It’s taken a while for the seasons to change here in the Inland Northwest. Rainy weeks and warm temperatures have kept the grass greener and flowers blooming longer than usual in our neck of the woods.
Yet, we know what’s coming even if we don’t feel it. Leaves have fallen. Baseball season is over. Clocks have been turned back.
Change is constant, yet it’s often hard to process. That’s why I’m so thankful for signs in creation that remind me there is a bigger picture, a consistent rhythm and order to this world. One of those signs is the deer who rests in our backyard.
Our family first noticed “Mama Deer” when we moved in our place six summers ago. There was a group, but this one doe was set apart from the rest by an injury. Her fur was bloodied and she walked with a limp; yet, she always had two young that she nursed and cared for.
Our family had a blast watching the mama with her babies that first summer and fall. Sometimes the kids and I would hold our breath as she crossed the busy street in front of our house to go for a drink from the lake. We took photos and prayed she would survive the winter despite her obvious pain.
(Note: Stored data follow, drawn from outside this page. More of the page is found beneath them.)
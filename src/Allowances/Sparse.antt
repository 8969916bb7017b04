-- ===== src/Allowances/Sparse.antt =====
-- What sparse updates leave in the cache, crates/bokkie-gateway/src/usage.rs.
use bokkie.Prelude.{◌≡◌, ◌&&◌, Option, none, List, [], ◌∷◌, ◌==◌, if◌then◌else◌}
use bokkie.Protocol.Routines.{Text}
use bokkie.Protocol.Api.{UserId, RateLimitBucket}
use bokkie.Protocol.Chars.{codes, same}
use bokkie.Allowances.Reported.{RateLimitSnapshot}
use bokkie.Allowances.Buckets.{SubscriptionCache, bucket, replaced, revised, update}

-- A field of the bucket with an identifier.
unfoldable pub held {ℓ} :
    {A : Type ℓ} → (RateLimitBucket → Option A) → Text → List RateLimitBucket → Option A
unfolding same
held field id [] = none
held field id (b ∷ bs) = let rest = held field id bs in if same b.id id then field b else rest

-- The last value that updates of the user have for a bucket, or the one known before.
unfoldable pub newest {ℓ} :
    {A : Type ℓ}
    → (RateLimitBucket → Option A)
    → UserId
    → Text
    → List (UserId × RateLimitSnapshot)
    → (known : Option A) → Option A
unfolding bucket same
newest field user id [] known = known
newest field user id ((u, s) ∷ l) known =
    let b = bucket (codes "codex") s in
    newest field user id l (if (u == user) && same b.id id then replaced known (field b) else known)

unfoldable pub update_all :
    List (UserId × RateLimitSnapshot) → SubscriptionCache → SubscriptionCache
update_all [] m = m
update_all ((u, s) ∷ l) m = update_all l (update u s m).0

-- The fields that an update may leave out.
abbrev Sparse {ℓ} : {A : Type ℓ} → (RateLimitBucket → Option A) → Type ℓ
Sparse field =
    (s : RateLimitSnapshot) (existing updated : RateLimitBucket)
    → field (revised s existing updated) ≡ replaced (field existing) (field updated)
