-- ===== src/Connection.antt =====
-- apps/bokkie-web/src/connection.rs: the event WebSocket's connection policy. `Machine` holds the
-- data and the constants, `Steps`, `Frames` and `Handle` the operations; the other children prove.
pub mod Machine
pub mod Steps
pub mod Frames
pub mod Handle
pub mod Order
pub mod Resources
pub mod Backoff
pub mod Terminal
pub mod Viewing
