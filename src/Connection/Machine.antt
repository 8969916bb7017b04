-- ===== src/Connection/Machine.antt =====
-- connection.rs: the machine's states, inputs, commands and record. Durations are milliseconds. `u32` counters wrap or saturate as the source says.
use bokkie.Prelude.{ℕ, ◌+◌, ◌%◌, min, Bool, true, false, Option, none, some, ◌==◌}
use bokkie.Protocol.Routines.{BotId}
use bokkie.Protocol.Events.{Seq, EventEnvelope, ClientFrame, ServerFrame, viewing_renew_ms}

abbrev pub first_retry : ℕ
first_retry = 250

abbrev pub last_retry : ℕ
last_retry = 8000

abbrev pub close_signed_out : ℕ
close_signed_out = 4002

abbrev pub close_protocol : ℕ
close_protocol = 4000

abbrev pub pong_deadline : ℕ
pong_deadline = 5000

abbrev pub unreadable_limit : ℕ
unreadable_limit = 3

abbrev pub viewing_renew : ℕ
viewing_renew = viewing_renew_ms

pub data State : Type 0 where
  stopped connecting resuming replaying live : State
  backing_off : (attempt : ℕ) (delay : ℕ) → State
  signed_out outdated : State

pub data Input : Type 0 where
  start opened : Input
  frame : ServerFrame → Input
  unreadable : Input
  closed : (code : Option ℕ) → Input
  retry_due visible hidden : Input
  viewing : Option BotId → Input
  viewing_due : (renewal : ℕ) → Input
  pong_overdue : (ping : ℕ) → Input
  unauthenticated stop : Input

pub data Command : Type 0 where
  connect : Command
  send : ClientFrame → Command
  close : Command
  retry_after : (delay : ℕ) → Command
  cancel_retry : Command
  await_pong : (ping : ℕ) (after : ℕ) → Command
  renew_viewing : (renewal : ℕ) (after : ℕ) → Command
  apply : EventEnvelope → Command
  reload check_session signed_out outdated : Command

pub record Connection : Type 0 where
  pub state : State
  pub failures : ℕ
  pub last : Option Seq
  pub synced : Bool
  pub pings : ℕ
  pub awaiting : Option ℕ
  pub unreadable : ℕ
  pub refusals : ℕ
  pub viewing : Option BotId
  pub hidden : Bool
  pub told : Option BotId
  pub renewals : ℕ

abbrev pub u32_max : ℕ
u32_max = 4294967295

-- `u32::wrapping_add(1)` and `u32::saturating_add(1)`.
abbrev pub wrapping_suc : ℕ → ℕ
wrapping_suc n = (n + 1) % (u32_max + 1)

abbrev pub saturating_suc : ℕ → ℕ
saturating_suc n = min (n + 1) u32_max

-- `Connection::new`.
unfoldable pub new : Connection
new = record {
  state = State.stopped;
  failures = 0;
  last = none;
  synced = false;
  pings = 0;
  awaiting = none;
  unreadable = 0;
  refusals = 0;
  viewing = none;
  hidden = false;
  told = none;
  renewals = 0;
}

-- Equality of optional numbers.
abbrev pub same : Option ℕ → Option ℕ → Bool
same none none = true
same none (some b) = false
same (some a) none = false
same (some a) (some b) = a == b

abbrev pub is_some {ℓ} : {A : Type ℓ} → Option A → Bool
is_some none = false
is_some (some a) = true

abbrev pub is_live : State → Bool
is_live State.live = true
is_live _ = false

abbrev pub is_signed_out : State → Bool
is_signed_out State.signed_out = true
is_signed_out _ = false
We felt relieved when she reappeared from the woods the following spring with new babies. Her body had healed, although you could still identify her by the scar on her side and the continual limp she walked with. We felt blessed that she choose our yard as a safe place to nurture her family. And every spring she gracefully limps into our backyard with her new young in tow, grazing from our bushes and taking naps under the tree’s shade. She has been a beautiful reminder of peace and perseverance in the midst of struggle.
This past summer, the doe’s physical limp resonated with how I was feeling emotionally. For a variety of reasons, the rhythms and schedules I were accustomed to had been interrupted. Relationships had been stretched, redefined. Feeling a bit lost, I gained a bit of comfort from just watching that doe. And despite the pain from her injury, I observed Mama Deer consistently doing three things: 1) Taking care of her young; 2) Nourishing herself by trips to the lake; and 3) Resting in the shade.
I took a cue from her lead, and some healthier habits began to take root. I entered into more heartfelt conversations with my family. Tending my soul became a bigger priority with piles of books, ample journaling and long days outside in the sun. I took time to rest, going to bed without setting alarms and not pushing at such a frantic pace.
My heart has always been most receptive to the whispers of God through words and nature, and I was fortunate to come across Christie Purifoy’s book “Roots & Sky” during my summer soul searching. There was so much beautiful imagery and poetic inspiration to consider as Christie wrote about her family’s move to a beautiful farmhouse and what she learned through each of her first seasons there.
She wrote that many of the good gifts in her life have been rooted in emptiness. Instead of fighting against the loneliness or filling every empty space in the schedule, she said that sometimes you just need to sit in silence and see what happens. She wrote, “When I stop trying to fill my empty places, I leave room for glory.”
And the surprising result of this solitary action is often a renewed creativity spirit. Art can take root when we’re emptied of stuff we once thought was important. And creativity often comes when we are broken, allowing inspiration and renewal into our hearts and minds. “Art is the material form of hope,” Christie wrote.
I found the emptiness I experienced last summer to be a healing place, an opportunity for growth. My perspective on change began to shift. Even though it has been painful, changes in my life afforded me the opportunity and courage to start this blog, something I had dreamed of doing for years. To be quietly brave in being who I was created to be. To own my story. To surrender the outcomes and not be as fearful of what may come.
I’m learning to be patient and sit with the emptiness for a while when it comes; it’s not as scary and uncomfortable as it used to be. I’ve become more attune to myself. I’ve found myself extending more grace to myself and, in turn, to others.
Whether or not I’m prepared, the seasons are changing. I’ve reconciled that I won’t always feel the best when change comes my way. But I’ve committed myself to sit in the emptiness, to allow hope to percolate. To limp along in grace and love those around me well.